Harvard University

Matching

(Gov 2002, Graduate, Fall 2015)

Substantive questions in empirical social science research are often causal. Does voter outreach increase turnout? Do political institutions affect economic development? Are job training programs effective? This class introduces students to both the theory and the practice behind making these kinds of causal inferences. We will cover causal identification, potential outcomes, experiments, matching, regression, difference-in-differences, instrumental variables estimation, regression discontinuity designs, sensitivity analysis, dynamic causal inference, and more. The course draws upon examples from political science, economics, sociology, public health, and public policy. Taught with R.
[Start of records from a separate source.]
-- ===== src/Yjs/Manager/Reach.antt =====
-- Any sequence of the operations and timers of yjs/yjs-doc-manager.ts.
use aideep_backend.Common.{
  ℕ, String, ◌≡◌, ◌≢◌, sym, ap, subst, ◌∙◌, Option, none, some, [], Memᴰ, false,
}
use aideep_backend.Common.Assoc.{lookup, lookup-put_same, lookup-remove_same}
use aideep_backend.Yjs.Documents.{Documents}
use aideep_backend.Yjs.Manager.{
  Manager, ManagedDoc, TimerKind, timer, managed, stored_doc, set_doc, drop, load_doc, load_second,
  called, doc_of, first_of, get_or_create_doc, add_client, remove_client, apply_update,
  schedule_save, flush_all, evict_doc, cleanup_node, fire,
}
use aideep_backend.Yjs.Manager.Leaving.{
  IsSafe-remove_client, IsSafe-cleanup_node, IsSafe-fire, IsSafe-drop,
}
use aideep_backend.Yjs.Manager.Loading.{
  IsSafe-get_or_create_doc, IsSafe-called, load_from_redis-answers,
}
use aideep_backend.Yjs.Manager.Safety.{IsSafe}
use aideep_backend.Yjs.Manager.Steps.{
  HasClient, IsSafe-add_client, IsSafe-schedule_save, IsSafe-apply_update, IsSafe-set_doc,
  IsSafe-flush_all,
}
use aideep_backend.Yjs.Stores.{is_down, load_from_db}

module _ (Y : Documents) where
  -- One operation, a timer that is set and fires, or a message from which `readSyncMessage` of the gateway
  -- changes a document in place, which sets no timer. A change comes while the document has a client.
  pub data Step (m : Manager Y) : Manager Y → Type 0 where
    opens : (node_id workspace_id : String) → Step m (get_or_create_doc Y node_id workspace_id m)
    joins : (node_id socket : String) → Step m (add_client Y node_id socket m)
    leaves : (node_id socket : String) → Step m (remove_client Y node_id socket m)
    changes :
        (node_id : String) (update : Y.Update)
        → HasClient Y m node_id
        → Step m (apply_update Y node_id update m)
    reads :
        (node_id : String) (d : ManagedDoc Y) (doc : Y.Doc)
        → managed Y m node_id ≡ some d
        → d.clients ≢ []
        → Step m (set_doc Y node_id (record d { doc = doc }) m)
    schedules : (node_id : String) → Step m (schedule_save Y node_id m)
    flushes : Step m (flush_all Y m.docs m)
    fires :
        (handle : ℕ) (node_id : String) (k : TimerKind)
        → Memᴰ (timer handle node_id k) m.timers
        → Step m (fire Y (timer handle node_id k) m)
    cleans : (node_id : String) → Step m (cleanup_node Y node_id m)

  pub data Reach (m : Manager Y) : Manager Y → Type 0 where
    stay : Reach m m
    next : {n o : Manager Y} → Reach m n → Step n o → Reach m o

  Step-IsSafe : {m n : Manager Y} → IsSafe Y m → Step m n → IsSafe Y n
  Step-IsSafe {m} safe (opens node_id workspace_id) =
      IsSafe-get_or_create_doc Y node_id workspace_id m safe
  Step-IsSafe {m} safe (joins node_id socket) = IsSafe-add_client Y node_id socket m safe
  Step-IsSafe {m} safe (leaves node_id socket) = IsSafe-remove_client Y node_id socket m safe
  Step-IsSafe {m} safe (changes node_id update joined) =
      IsSafe-apply_update Y node_id update m joined safe
  Step-IsSafe {m} safe (reads node_id d doc found joined) =
      IsSafe-set_doc Y node_id d doc m joined safe
  Step-IsSafe {m} safe (schedules node_id) = IsSafe-schedule_save Y node_id m safe
  Step-IsSafe {m} safe flushes = IsSafe-flush_all Y m.docs m safe
  Step-IsSafe {m} safe (fires handle node_id k set) = IsSafe-fire Y handle node_id k m safe
  Step-IsSafe {m} safe (cleans node_id) = IsSafe-cleanup_node Y node_id m safe

  -- From a state where the stores answer and every document without clients is as it is stored, every sequence of operations and timers, and of messages from editors or viewers that change a document with a client in any way, with or without a timer for its save, leads to such a state again.
  pub Reach-IsSafe : {m n : Manager Y} → IsSafe Y m → Reach m n → IsSafe Y n
  Reach-IsSafe safe stay = safe
  Reach-IsSafe safe (next r s) = Step-IsSafe (Reach-IsSafe safe r) s

  -- the document behind a load is the stored one
  abbrev pub Loaded : Y.Doc → String → Manager Y → Type 0
  Loaded doc node_id m = (d : ManagedDoc Y) × (managed Y m node_id ≡ some d) × (d.doc ≡ doc)

  load_second-Loaded :
      (node_id workspace_id : String) (m : Manager Y)
      → lookup node_id m.stores.redis ≡ none
      → Loaded (stored_doc Y m.stores node_id) node_id (load_second Y false node_id workspace_id m)
  load_second-Loaded node_id workspace_id m missing = (
    _,
    lookup-put_same node_id _ m.docs,
    ap (λ r. doc_of Y (first_of Y r (load_from_db Y node_id m.stores))) (sym missing),
  )

  load_doc-Loaded :
      (r : Option Y.Update) (node_id workspace_id : String) (m : Manager Y)
      → lookup node_id m.stores.redis ≡ r
      → m.stores.outages ≡ []
      → Loaded (stored_doc Y m.stores node_id) node_id (load_doc Y r node_id workspace_id m)
  load_doc-Loaded (some state) node_id workspace_id m e answers = (
    _,
    lookup-put_same node_id _ m.docs,
    ap (λ r. doc_of Y (first_of Y r (load_from_db Y node_id m.stores))) (sym e),
  )
  load_doc-Loaded none node_id workspace_id m e answers =
      subst
        (λ o.
          Loaded (stored_doc Y m.stores node_id) node_id
            (load_second Y (is_down Y o) node_id workspace_id m))
        (sym answers) (load_second-Loaded node_id workspace_id m e)

  pub get_or_create_doc-Loaded :
      (node_id workspace_id : String) (m : Manager Y)
      → managed Y m node_id ≡ none
      → IsSafe Y m
      → Loaded (stored_doc Y m.stores node_id) node_id (get_or_create_doc Y node_id workspace_id m)
  unfolding get_or_create_doc
  get_or_create_doc-Loaded node_id workspace_id m missing safe = rw missing (
      load_doc-Loaded _ node_id workspace_id (called Y m)
        (sym (load_from_redis-answers Y node_id m.stores safe.answers))
        (IsSafe-called Y m safe).answers)

  -- While the stores answer and documents without clients are as they are stored (`IsSafe`), a document without clients that is evicted from memory is the same document again when it is next opened.
  pub evict_doc-roundtrip :
      (node_id workspace_id : String) (d : ManagedDoc Y) (m : Manager Y)
      → IsSafe Y m
      → managed Y m node_id ≡ some d
      → d.clients ≡ []
      → (managed Y (evict_doc Y node_id m) node_id ≡ none)
        × ((e : ManagedDoc Y) × (managed Y
                (get_or_create_doc Y node_id workspace_id (evict_doc Y node_id m))
                node_id
              ≡ some e)
            × (e.doc ≡ d.doc))
  unfolding evict_doc
  evict_doc-roundtrip node_id workspace_id d m safe found alone =
      let gone = lookup-remove_same node_id m.docs in
      let (e, there, same) =
        get_or_create_doc-Loaded node_id workspace_id (drop Y node_id d m) gone
          (IsSafe-drop Y node_id d m safe) in
      rw (found, alone)
        (gone, (e, there, same ∙ sym ((safe.kept node_id d found).stored_alone alone)))
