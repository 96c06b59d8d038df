-- ===== src/Yjs/Manager/Clients.antt =====
-- Which documents yjs/yjs-doc-manager.ts holds, and for which sockets: what every operation does to that.
use aideep_backend.Common.{
  String, ◌≡◌, refl, sym, ap, ◌∙◌, Option, none, some, List, [], ◌∷◌, ◌==◌, arith, if◌then◌else◌,
  Option-cases, inl, inr, eq-cases,
}
use mathlib.Core.Path.{fun_ext}
use aideep_backend.Common.Assoc.{lookup-put, lookup-remove}
use aideep_backend.Yjs.Documents.{Documents}
use aideep_backend.Yjs.Manager.{
  Manager, ManagedDoc, managed, set_doc, add, without, drop, left, flush, add_client, remove_client,
  apply_update, schedule_save, flush_doc, flush_all, evict_doc, cleanup_node, evict,
}

module _ (Y : Documents) where
  abbrev pub clients_of : Option (ManagedDoc Y) → Option (List String)
  clients_of none = none
  clients_of (some d) = some d.clients

  -- each node's open document, as the list of its clients
  abbrev pub view : Manager Y → String → Option (List String)
  view m node_id = clients_of (managed Y m node_id)

  -- a function, changed at one node
  abbrev pub update :
      (String → Option (List String))
      → String
      → Option (List String)
      → String
      → Option (List String)
  update f node_id v other = if node_id == other then v else f other

  pub view-set_doc :
      (node_id : String) (d : ManagedDoc Y) (m : Manager Y)
      → view (set_doc Y node_id d m) ≡ update (view m) node_id (some d.clients)
  view-set_doc node_id d m = fun_ext λ other. ground (arith, lookup-put node_id other d m.docs)

  pub view-drop :
      (node_id : String) (d : ManagedDoc Y) (m : Manager Y)
      → view (drop Y node_id d m) ≡ update (view m) node_id none
  view-drop node_id d m = fun_ext λ other. ground (arith, lookup-remove node_id other m.docs)

  -- an entry that is written again
  pub view_again :
      (node_id : String) (v : Option (List String)) (m : Manager Y)
      → view m node_id ≡ v
      → update (view m) node_id v ≡ view m
  view_again node_id v m e = fun_ext λ other. ground (arith, eq-cases node_id other)

  -- a change of the clients of an open document
  abbrev pub on_open : (List String → List String) → Option (List String) → Option (List String)
  on_open f none = none
  on_open f (some clients) = some (f clients)

  -- the document without clients is closed
  abbrev pub closed : Option (List String) → Option (List String)
  closed none = none
  closed (some []) = none
  closed (some (c ∷ clients)) = some (c ∷ clients)

  -- a document that was not open is opened without clients
  abbrev pub opened : Option (List String) → Option (List String)
  opened none = some []
  opened (some clients) = some clients

  pub view-add_client :
      (node_id socket : String) (m : Manager Y)
      → view (add_client Y node_id socket m)
        ≡ update (view m) node_id (on_open (add Y socket) (view m node_id))
  unfolding add_client
  view-add_client node_id socket m = elim (Option-cases (managed Y m node_id)) [
    | inl missing ↦ rw missing (sym (view_again node_id none m (ap clients_of missing)))
    | inr (d, e) ↦ rw e (view-set_doc node_id _ m)
  ]

  view-flush :
      (node_id : String) (d : ManagedDoc Y) (m : Manager Y)
      → view (flush Y node_id d m) ≡ update (view m) node_id (some d.clients)
  view-flush node_id d m =
      fun_ext
        λ other. ground (arith, lookup-put node_id other (record d { save_timer = none }) m.docs)

  view-left :
      (clients : List String) (node_id : String) (d : ManagedDoc Y) (m : Manager Y)
      → view (left Y clients node_id d m) ≡ update (view m) node_id (some d.clients)
  view-left (c ∷ clients) node_id d m = view-set_doc node_id d m
  view-left [] node_id d m = fun_ext λ other. ground (
    arith,
    lookup-put node_id other (record d { save_timer = none; idle_timer = some m.next_handle })
        (flush Y node_id d m).docs,
    lookup-put node_id other (record d { save_timer = none }) m.docs,
  )

  pub view-remove_client :
      (node_id socket : String) (m : Manager Y)
      → view (remove_client Y node_id socket m)
        ≡ update (view m) node_id (on_open (without Y socket) (view m node_id))
  unfolding remove_client
  view-remove_client node_id socket m = elim (Option-cases (managed Y m node_id)) [
    | inl missing ↦ rw missing (sym (view_again node_id none m (ap clients_of missing)))
    | inr (d, e) ↦ rw e (view-left _ node_id _ m)
  ]

  -- an entry with the same clients is written
  pub view_same :
      (node_id : String) (d e : ManagedDoc Y) (m : Manager Y)
      → managed Y m node_id ≡ some d
      → e.clients ≡ d.clients
      → view (set_doc Y node_id e m) ≡ view m
  view_same node_id d e m found same =
      view-set_doc node_id e m ∙ view_again node_id (some e.clients) m (cc (found, same))

  pub view-schedule_save :
      (node_id : String) (m : Manager Y) → view (schedule_save Y node_id m) ≡ view m
  unfolding schedule_save
  view-schedule_save node_id m = elim (Option-cases (managed Y m node_id)) [
    | inl missing ↦ rw missing refl
    | inr (d, e) ↦ rw e (view_same node_id d _ m e refl)
  ]

  pub view-apply_update :
      (node_id : String) (change : Y.Update) (m : Manager Y)
      → view (apply_update Y node_id change m) ≡ view m
  unfolding apply_update
  view-apply_update node_id change m = elim (Option-cases (managed Y m node_id)) [
    | inl missing ↦ rw missing refl
    | inr (d, e) ↦ rw e (view_same node_id d _ m e refl)
  ]

  pub view-flush_doc : (node_id : String) (m : Manager Y) → view (flush_doc Y node_id m) ≡ view m
  unfolding flush_doc
  view-flush_doc node_id m = elim (Option-cases (managed Y m node_id)) [
    | inl missing ↦ rw missing refl
    | inr (d, e) ↦ rw e (view_same node_id d _ m e refl)
  ]

  pub view-flush_all :
      (entries : List (String × ManagedDoc Y)) (m : Manager Y)
      → view (flush_all Y entries m) ≡ view m
  unfolding flush_all
  view-flush_all [] m = refl
  view-flush_all ((node_id, d) ∷ entries) m = view-flush_all entries _ ∙ view-flush_doc node_id m

  view-evict :
      (clients : List String) (node_id : String) (d : ManagedDoc Y) (m : Manager Y)
      → view m node_id ≡ some clients
      → view (evict Y clients node_id d m) ≡ update (view m) node_id (closed (some clients))
  view-evict [] node_id d m e = view-drop node_id d m
  view-evict (c ∷ clients) node_id d m e = sym (view_again node_id (some (c ∷ clients)) m e)

  pub view-evict_doc :
      (node_id : String) (m : Manager Y)
      → view (evict_doc Y node_id m) ≡ update (view m) node_id (closed (view m node_id))
  unfolding evict_doc
  view-evict_doc node_id m = elim (Option-cases (managed Y m node_id)) [
    | inl missing ↦ rw missing (sym (view_again node_id none m (ap clients_of missing)))
    | inr (d, e) ↦ rw e (view-evict d.clients node_id d m (ap clients_of e))
  ]

  pub view-cleanup_node :
      (node_id : String) (m : Manager Y)
      → view (cleanup_node Y node_id m) ≡ update (view m) node_id none
  unfolding cleanup_node
  view-cleanup_node node_id m = elim (Option-cases (managed Y m node_id)) [
    | inl missing ↦ rw missing (sym (view_again node_id none m (ap clients_of missing)))
    | inr (d, e) ↦ rw e (view-drop node_id d m)
  ]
Class Page with Lecture Notes

All models are wrong, some are useful

(Gov 2000, Graduate, Fall 2016)

How can we detect voting irregularities? What causes individuals to vote? In what sense (if any) does democracy (or trade) reduce the probability of war? Quantitative political scientists address these questions and many others by using and developing statistical methods that are informed by theories in political science and the social sciences more generally. In this course, we provide an introduction to the tools used in basic quantitative social science research. The first four weeks of the course cover introductory univariate statistics, while the remainder of the course focuses on linear regression models. Furthermore, the principles learned in this course provide a foundation for the future study of more advanced topics in quantitative political methodology.

Class Page with Lecture Notes

Teaching methods in action

(Gov 2002, Graduate, Fall 2014 with Arthur Spirling)

A topics class in statistical methods. Topics covered includes Bayesian methods, causal inference, text analysis, item-response models, and others. Taught with a mix of lecture, discussion, and student presentations. Designed for second-year graduate students.


  • Causal Inference 1: Potential Outcomes and Selection on Observables (Slides)
  • Causal Inference 2: Instrumental Variables (Slides)
  • Causal Inference 3: Regression Discontinuity Designs (Slides)
  • Causal Inference 4: Panel Data (Slides)

University of Rochester

Matching?

(PSC 504, Spring 2013)

Substantive questions in empirical social science research are often causal. Does voter outreach increase turnout? Do political institutions affect economic development? Are job training programs effective? This class will introduce students to both the theory and the practice behind making these kinds of causal inferences. We will cover causal identification, potential outcomes, experiments, matching, regression, difference-in-differences, instrumental variables estimation, regression discontinuity designs, sensitivity analysis, dynamic causal inference, and more. The course will draw upon examples from political science, economics, sociology, public health, and public policy. Taught with R, with a mix of lectures, discussion, and in-class computing.

Class Page

Galton correlation

(PSC 200, Fall 2012)

Data analysis has become a key part of many fields including politics, business, law, and public policy. This course covers the fundamentals of data analysis, giving students the necessary statistical skills to understand and critically analyze contemporary political, legal, and policy puzzles. Lectures focus on the theory and practice of quantitative analysis and weekly lab sessions guide students through the particulars of statistical software. No prior knowledge of statistics or data analysis is required. Taught with R.